I would borrow to invest if the investment cash flowed.


----------



## stinsont (May 29, 2009)

Rickson9 said:


> I would borrow to invest if the investment cash flowed.


what do you mean 'flowed'?


----------



## FrugalTrader (Oct 13, 2008)

stinsont said:


> what do you mean 'flowed'?


Basically if the investment income exceeded the interest expense after tax. It's a strategy I use with the modified smith manoeuvre.


----------



## Spidey (May 11, 2009)

I would consider borrowing to invest under the following conditions:

- my RRSP and TSRP are maxed out
- I have no consumer loans and particulary no credit card debt
- my mortgage is within 5 years to be being paid off and in my case I would want it completely paid off
- the amount borrowed was very manageable (eg. could be covered if one partner lost their job)
- the market seemed to show significant value

I did borrow with a HELOC after the last crash began and invested in high yielding stocks (some bank preferred shares, REITs, bank shares, Encana, TRP, etc.) Unfortunately, my timing was for the most part way too early, but I'm now in positive territory.
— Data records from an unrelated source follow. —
-- ===== src/Clockmatrix/Setup/Bounds.antt =====
-- The ranges of what is set up before the clocks are registered.
use native.Mathlib.Nat.{mod-add-div, mod-lt, div-le_of_le-mul}
use linux_ptp_driver_package.Clockmatrix.State.{Idtcm}
use linux_ptp_driver_package.Prelude.{
  ◌+◌, ◌-◌, ◌*◌, ◌^◌, ◌≤◌, ◌<◌, ℕ, zero, suc, arith, ◌/◌, inl, inr, Bool-cases, get_or, leb, ◌%◌,
}
use linux_ptp_driver_package.Clockmatrix.Setup.{set_default_masks, delay_of, default_output_mask}
use linux_ptp_driver_package.Clockmatrix.Firmware.Masks.{HasMasks}

-- The default masks and PLL numbers are in the ranges that the firmware loader keeps.
pub set_default_masks-HasMasks : {Dev : Type 0} (s : Idtcm Dev) → HasMasks (set_default_masks s)
unfolding set_default_masks
set_default_masks-HasMasks s = record {
  some_tod = ground arith;
  four_tods = ground arith;
  pll_in = λ i h. ground arith;
  mask_in = λ i h. ground (arith, mask_below i h);
}
  where
    mask_below : (i : ℕ) → i < 4 → get_or default_output_mask i 0 < 2 ^ 16
    mask_below zero h = omega arith
    mask_below (suc zero) h = omega arith
    mask_below (suc (suc zero)) h = omega arith
    mask_below (suc (suc (suc zero))) h = omega arith
    mask_below (suc (suc (suc (suc n)))) h = absurd (omega arith)

-- The delay that is taken off a time stamp is 0, or 20 cycles of a FOD that runs at 500 MHz or more,
-- rounded down, and 8 ns: never more than 48 ns, so that no subtraction of it can overflow.
pub delay_of_lem :
    (fod_freq : ℕ)
    → (delay_of fod_freq ≤ 48)
      × ((500000000 ≤ fod_freq)
          → ((delay_of fod_freq - 8) * fod_freq ≤ 20000000000)
            × (20000000000 < (delay_of fod_freq - 8 + 1) * fod_freq))
unfolding delay_of
delay_of_lem fod_freq = elim (Bool-cases (leb 500000000 fod_freq)) [
  | inl e ↦ rw e (
    grind (arith, quotient_small fod_freq (ground (arith, e))),
    λ h. grind (arith, mod-add-div 20000000000 fod_freq, below fod_freq h),
  )
  | inr e ↦ rw e (omega arith, λ h. absurd (ground (arith, e)))
]
  where
    below : (f : ℕ) → 500000000 ≤ f → 20000000000 % f < f
    below f h = mod-lt 20000000000 (omega arith)

    quotient_small : (f : ℕ) → 500000000 ≤ f → 20000000000 / f ≤ 40
    quotient_small f h = div-le_of_le-mul f (omega arith)
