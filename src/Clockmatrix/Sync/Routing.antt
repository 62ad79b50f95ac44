-- ===== src/Clockmatrix/Sync/Routing.antt =====
-- Which output each PLL drives.
use native.Mathlib.Nat.{div-div-eq-div-mul, div-one}
use linux_ptp_driver_package.Clockmatrix.Sync.{route, sync_outputs, sync_pll_output}
use linux_ptp_driver_package.Prelude.{
  ◌+◌, ◌/◌, ◌%◌, ◌^◌, ℕ, zero, suc, bit_and, ◌≡◌, Bool, List, [], ◌∷◌, if◌then◌else◌, refl, true,
  false, ap, ◌∙◌, ◌&&◌, ◌==◌,
}
use linux_ptp_driver_package.Prelude.Bits.{and_mask}
use linux_ptp_driver_package.Bus.Regmap.{Regmap}
use linux_ptp_driver_package.Bus.{M, pure, ◌>>◌}
use linux_ptp_driver_package.Clockmatrix.State.{Idtcm}

-- The outputs of the PLLs from `pll` on, as the loop takes them from the mask.
abbrev routes : Bool → Bool → ℕ → ℕ → ℕ → List (ℕ × ℕ)
routes out8_mux out11_mux pll output_mask zero = []
routes out8_mux out11_mux pll output_mask (suc left) =
    let (qn, qn_plus_1, rest) = route out8_mux out11_mux pll output_mask in
    (qn, qn_plus_1) ∷ routes out8_mux out11_mux (pll + 1) rest left

-- Bit `n` of a mask: whether output `n` is in it.
abbrev pub output_bit : ℕ → ℕ → ℕ
output_bit mask n = mask / 2 ^ n % 2

-- The outputs of the eight PLLs: Q0 to Q7 in pairs, Q8, Q9, Q10 and Q11 one each, where a multiplexer
-- gives Q8 to the PLL of Q9, and another Q11 to the PLL of Q10.
abbrev pub pll_outputs : Bool → Bool → (ℕ → ℕ) → List (ℕ × ℕ)
pll_outputs out8_mux out11_mux bit =
    (bit 0, bit 1)
    ∷ (bit 2, bit 3)
    ∷ (bit 4, bit 5)
    ∷ (bit 6, bit 7)
    ∷ ((if out8_mux then 0 else bit 8), 0)
    ∷ (bit 9, (if out8_mux then bit 8 else 0))
    ∷ (bit 10, (if out11_mux then bit 11 else 0))
    ∷ ((if out11_mux then 0 else bit 11), 0)
    ∷ []

bit_of : (m : ℕ) → bit_and m 0x1 ≡ m % 2
bit_of m = and_mask 1 m

-- The loop takes the outputs of the PLLs as `routes` does.
routes_lem :
    (out8_mux out11_mux : Bool) (mask : ℕ)
    → let bit = output_bit mask in
      routes out8_mux out11_mux 0 mask 8 ≡ pll_outputs out8_mux out11_mux bit
unfolding route
routes_lem true true mask = simp (bit_of, div-div-eq-div-mul, div-one) refl
routes_lem true false mask = simp (bit_of, div-div-eq-div-mul, div-one) refl
routes_lem false true mask = simp (bit_of, div-div-eq-div-mul, div-one) refl
routes_lem false false mask = simp (bit_of, div-div-eq-div-mul, div-one) refl

module _ {Dev : Type 0} (regmap : Regmap Dev) where
  -- One call for each PLL from `pll` on, and none for a PLL without an output.
  abbrev pub sync_each : ℕ → ℕ → List (ℕ × ℕ) → M (Idtcm Dev) (Unit {0})
  sync_each sync_src pll [] = pure tt
  sync_each sync_src pll ((qn, qn_plus_1) ∷ rest) =
      (if (qn == 0) && (qn_plus_1 == 0)
        then pure tt
        else sync_pll_output regmap pll sync_src qn qn_plus_1)
      >> sync_each sync_src (pll + 1) rest

  sync_outputs-routes :
      (out8_mux out11_mux : Bool) (sync_src pll mask left : ℕ)
      → sync_outputs regmap out8_mux out11_mux sync_src pll mask left
        ≡ sync_each sync_src pll (routes out8_mux out11_mux pll mask left)
  unfolding sync_outputs
  sync_outputs-routes out8_mux out11_mux sync_src pll mask zero = refl
  sync_outputs-routes out8_mux out11_mux sync_src pll mask (suc left) =
      let (qn, qn_plus_1, rest) = route out8_mux out11_mux pll mask in
      ap
        (λ (others : M (Idtcm Dev) (Unit {0})).
          (if (qn == 0) && (qn_plus_1 == 0)
            then pure tt
            else sync_pll_output regmap pll sync_src qn qn_plus_1)
          >> others)
        (sync_outputs-routes out8_mux out11_mux sync_src (pll + 1) rest left)

  -- The loop over the eight PLLs synchronises each, in order, by the mask bits of its own outputs and no
  -- other: 0 to 7 in pairs, 9 and 10 one each, output 8 with the fifth PLL or by its multiplexer with the
  -- sixth as its second, and output 11 with the eighth or by its multiplexer with the seventh as its
  -- second. A PLL without an output in the mask is left alone.
  pub sync_outputs_lem :
      (out8_mux out11_mux : Bool) (sync_src mask : ℕ)
      → sync_outputs regmap out8_mux out11_mux sync_src 0 mask 8
        ≡ sync_each sync_src 0 (pll_outputs out8_mux out11_mux (output_bit mask))
  sync_outputs_lem out8_mux out11_mux sync_src mask =
      sync_outputs-routes out8_mux out11_mux sync_src 0 mask 8
      ∙ ap (sync_each sync_src 0) (routes_lem out8_mux out11_mux mask)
I apply all the dividends against the HELOC which currently is at 2.25% (about to raise this month) and is fully tax deductible. My average dividend yield is probably about 6.5%. 

It can work, but be very, very careful.


----------



## stinsont (May 29, 2009)

Spidey said:


> I would consider borrowing to invest under the following conditions:
> 
> - my RRSP and TSRP are maxed out
> - I have no consumer loans and particulary no credit card debt
> ...


By your measure I should consider since I answered 'yes' to all your bullets. With your portfolio what is your capital gain?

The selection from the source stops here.